What kind of numbers come outta this engine setup? Horsepower? Torque? Etc.????


----------



## se-r-57 (May 1, 2002)

Looks like a stock bb setup. They run $1700 or so and make around 200 whp with the boost turned up a little.


----------



## deception se-r (Jul 24, 2002)

its definatly a bluebird sr20det, the gtir has round metal piping to the intercooler. it will fit under the hood of a b13 (from what ive heard) but not the most efficient because of the heat generated. you can run it like that for a bit, but it needs at least a hood scoop to keep the ic cool and anything from melting.


----------



## SeenSense (Jun 16, 2002)

That is a JDM Sr20de, still 9:5:1 compression with a T25 and top mount intercooler. It dynoed at 215 HP at 6 PSI. When the owner of this SE-R front mounts his car. He is gonna be a real problem...lol


----------



## PrOxLaMuS© (Aug 11, 2002)

Is there a turbo kit for a B13? ofcourse.. checkout HotShotPerformance.... and please
SEACRH the site.. there are several pics and websites about ordinary people who tossed in a Turbo set-up in there car.


----------



## UpChuck (Jul 20, 2002)

deception se-r said:


> *you can run it like that for a bit, but it needs at least a hood scoop to keep the ic cool and anything from melting. *


Where can you get a hood w/ scoop? Do they make them or do people just cut them out of thier existing hood?


----------



## PrOxLaMuS© (Aug 11, 2002)

Turbo Setup from HotShot


----------



## PrOxLaMuS© (Aug 11, 2002)

"Carbon Fiber Hood Vent•

Add this hood vent to your hood to vent heat from your turbo and radiator. It reduces underhood heat drastically thus offering more cold air for your intake and reduced engine temps. 

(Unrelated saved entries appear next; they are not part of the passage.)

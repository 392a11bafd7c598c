-- ===== src/Circuit/Shape.antt =====
-- The sizes of the shares of circuit PSI, and of their words.
use petace_set_ops.Base.{
  ℕ, zero, suc, ◌+◌, ◌%◌, ◌^◌, ◌≤◌, ◌<◌, ◌≡◌, List, [], ◌∷◌, ◌++◌, map, Bool, true, false, arith,
  length, length-append, length-map, All, get_or, if◌then◌else◌,
}
use petace_set_ops.Net.{done}
use petace_set_ops.Net.Run.{Sys, Steps, Reach, joined}
use petace_set_ops.Std.Bits.{bit_xor-lt}
use petace_set_ops.Kkrt.Phases.{VerseLaws}
use petace_set_ops.Circuit.Tables.{Matrix, Duet, tabulate, xor_loop, sum_loop}
use petace_set_ops.Circuit.{bit_row, sum_rows, process}
use petace_set_ops.Circuit.Words.{IsWord, PadsLaws, length-tabulate}
use petace_set_ops.Circuit.Shares.{DuetLaws}
use petace_set_ops.Circuit.Joint.{Inputs, object, bins, hint_table, key_table, shares}
use petace_set_ops.Circuit.Phases.{key, result_x, result_y, own_feature, output_x, output_y}
use petace_set_ops.Circuit.Outputs.{length-shares}
use petace_set_ops.Circuit.Process.{SizesFit, process-Meets}
use petace_set_ops.Net.Meet.{Meets-every_schedule}

module _ {ℓ κ} {A : Type ℓ} (P : A → Type κ) where
  tabulate-All :
      (n i : ℕ) (f : ℕ → A) → ((k : ℕ) → i ≤ k → k < i + n → P (f k)) → All P (tabulate n i f)
  tabulate-All zero i f h = tt
  tabulate-All (suc n) i f h = (
    h i (omega arith) (omega arith),
    tabulate-All n (i + 1) f (λ k le lt. h k (omega arith) (omega arith)),
  )

  append-All : (xs ys : List A) → All P xs → All P ys → All P (xs ++ ys)
  append-All [] ys hx hy = hy
  append-All (x ∷ xs) ys (h, hx) hy = (h, append-All xs ys hx hy)

-- A row of n words.
abbrev pub IsRow : ℕ → List ℕ → Type 0
IsRow n row = (length row ≡ n) × All IsWord row

tabulate-IsRow : (n : ℕ) (f : ℕ → ℕ) → ((k : ℕ) → k < n → IsWord (f k)) → IsRow n (tabulate n 0 f)
tabulate-IsRow n f h =
    (length-tabulate n 0 f, tabulate-All IsWord n 0 f (λ k le lt. h k (omega arith)))

xor_loop-lt :
    (f : ℕ → ℕ) (n i acc : ℕ)
    → acc < 2 ^ 1
    → ((k : ℕ) → k < i + n → f k < 2 ^ 1)
    → xor_loop f n i acc < 2 ^ 1
unfolding xor_loop
xor_loop-lt f zero i acc ha h = ha
xor_loop-lt f (suc n) i acc ha h =
    xor_loop-lt f n (i + 1) _ (bit_xor-lt 1 acc (f i) ha (h i (omega arith)))
      (λ k lt. h k (omega arith))

sum_loop-IsWord : (f : ℕ → ℕ) (n i acc : ℕ) → IsWord acc → IsWord (sum_loop f n i acc)
unfolding sum_loop
sum_loop-IsWord f zero i acc h = h
sum_loop-IsWord f (suc n) i acc h = sum_loop-IsWord f n (i + 1) _ (omega arith)

sum_rows-IsRow :
    (n columns : ℕ) (results : List Matrix) → All (IsRow n) (sum_rows n columns results)
sum_rows-IsRow n columns [] = tt
sum_rows-IsRow n columns (result ∷ results) = (
  tabulate-IsRow n _ (λ k lt. sum_loop-IsWord (result k) columns 0 0 (omega arith)),
  sum_rows-IsRow n columns results,
)

module _ (inputs : Inputs) (verse_laws : VerseLaws inputs.verse)
    (pads_laws : PadsLaws inputs.verse inputs.pads) (duet : Duet) (duet_laws : DuetLaws duet)
    (own_words : (k : ℕ) → IsWord (inputs.own k)) (fit : SizesFit inputs) where
  open inputs use {
    hashing, verse, pads, num_of_fun_hint, own, x_keys, x_features, y_keys, y_features,
  }

  abbrev out_x : List (List ℕ)
  out_x = output_x inputs verse_laws pads_laws duet duet_laws own_words

  abbrev out_y : List (List ℕ)
  out_y = output_y inputs verse_laws pads_laws duet duet_laws own_words

  abbrev feature : ℕ → ℕ → ℕ
  feature = own_feature inputs verse_laws pads_laws duet duet_laws own_words

  own_feature-IsWord : (k i : ℕ) → IsWord (feature k i)
  own_feature-IsWord k i = word (get_or (key_table inputs).occupancy i false) _
    where
      word : (b : Bool) (n : ℕ) → IsWord (if b then n % 2 ^ 64 else 0)
      word true n = omega arith
      word false n = omega arith

  rows :
      (bit : List ℕ) (results : List Matrix) (f : ℕ → ℕ → ℕ)
      → IsRow (bins inputs) bit
      → ((k i : ℕ) → IsWord (f k i))
      → All (IsRow (bins inputs)) (
          bit
          ∷ (sum_rows (bins inputs) num_of_fun_hint results
              ++ tabulate (length y_features) 0 (λ k. tabulate (bins inputs) 0 (f k))))
  rows bit results f hb hf = (
    hb,
    append-All (IsRow (bins inputs)) _ _ (sum_rows-IsRow (bins inputs) num_of_fun_hint results) (
        tabulate-All (IsRow (bins inputs)) (length y_features) 0 _
          (λ k le lt. tabulate-IsRow (bins inputs) (f k) (λ i lt'. hf k i))),
  )

  counted :
      (chosen : Matrix × Matrix → Matrix) (bit : List ℕ) (f : ℕ → List ℕ)
      → (let results =
            map chosen (shares inputs (key inputs verse_laws pads_laws duet duet_laws own_words)) in
          length (
            bit
            ∷ (sum_rows (bins inputs) num_of_fun_hint results ++ tabulate (length y_features) 0 f))
          ≡ 1 + length x_features + length y_features)
  counted chosen bit f =
      let own_key = key inputs verse_laws pads_laws duet duet_laws own_words in
      let results = map chosen (shares inputs own_key) in
      omega (
        arith,
        length-append (sum_rows (bins inputs) num_of_fun_hint results)
            (tabulate (length y_features) 0 f),
        length-tabulate (length y_features) 0 f,
        length-map
            (λ result. tabulate (bins inputs) 0 (λ i. sum_loop (result i) num_of_fun_hint 0 0))
            results,
        length-map chosen (shares inputs own_key),
        length-shares inputs own_key,
      )

  bit-IsWord :
      (f : ℕ → ℕ)
      → ((j : ℕ) → j < num_of_fun_hint → f j < 2)
      → IsWord (xor_loop f num_of_fun_hint 0 0)
  bit-IsWord f h =
      omega (arith, xor_loop-lt f num_of_fun_hint 0 0 (omega arith) (λ j lt. h j (omega arith)))

  -- Let the cuckoo tables have no stash, the receiver's as many bins as were asked for, and the sizes fit.
  -- Then every interleaving can go on to ends at which each party has one row of shares for membership and
  -- one for each feature of either party, and each row has one word of 64 bits for each bin.
  pub process_shape :
      (own_y : ℕ → ℕ) (n : ℕ) (u : Sys (List (List ℕ)) (List (List ℕ)))
      → length (key_table inputs).values ≡ bins inputs
      → (key_table inputs).stash_size ≡ 0
      → (hint_table inputs).stash_size ≡ 0
      → Steps n
          (joined
            (process hashing verse pads duet (object inputs true) own x_keys x_features)
            (process hashing verse pads duet (object inputs false) own_y y_keys y_features))
          u
      → Reach u (joined (done out_x) (done out_y))
        × (length out_x ≡ 1 + length x_features + length y_features)
        × (length out_y ≡ 1 + length x_features + length y_features)
        × All (IsRow (bins inputs)) out_x
        × All (IsRow (bins inputs)) out_y
  process_shape own_y n u full no_stash no_stash' steps = (
    Meets-every_schedule _ _ _ _ n u
        (process-Meets inputs verse_laws pads_laws duet duet_laws own_words fit own_y full no_stash
          no_stash')
        tt tt steps,
    counted _
        (bit_row (bins inputs) num_of_fun_hint
          (result_x inputs verse_laws pads_laws duet duet_laws own_words))
        _,
    counted _
        (bit_row (bins inputs) num_of_fun_hint
          (result_y inputs verse_laws pads_laws duet duet_laws own_words))
        _,
    rows _ _ (λ k i. 0)
        (tabulate-IsRow (bins inputs) _ (λ i lt.
          bit-IsWord _
            (λ j lt'. duet_laws.bits_s (bins inputs) num_of_fun_hint _ _ _ _ i j lt lt')))
        (λ k i. omega arith),
    rows _ _ feature
        (tabulate-IsRow (bins inputs) _ (λ i lt.
          bit-IsWord _
            (λ j lt'. duet_laws.bits_r (bins inputs) num_of_fun_hint _ _ _ _ i j lt lt')))
        own_feature-IsWord,
  )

Riveted to your hood make it look tough!

18" x 10" $75.00 each

13" x 10" $65.00 each "


http://www.carbontrix.com/

This hood scoop was featured in Febuary's Turbo & High-Tech Performance" Magazine.... in there "Project Phoenix SE-R"


----------



## UpChuck (Jul 20, 2002)

does anyone make a complete hood?


----------



## Javon (Oct 12, 2002)

*complete hood*

Yes there is a manufacturer that makes complete hoods. FiberImages makes them for our cars and they run about $500, they are said to be the best on the market as far as value and strength. 

Some guy on the forum is currently making carbon hoods with a hood scoop and they are expected to be finished and ready for sale by Febuary. They look pretty sweet, I saw they prototype at the Mossy Nissan Meet.


----------



## PrOxLaMuS© (Aug 11, 2002)

hey... thats the same car.. as the Project Phoenix Car in the new "Turbo" Magazine.... and huh.. same hood... but the scoop looks grafted and smoothed in.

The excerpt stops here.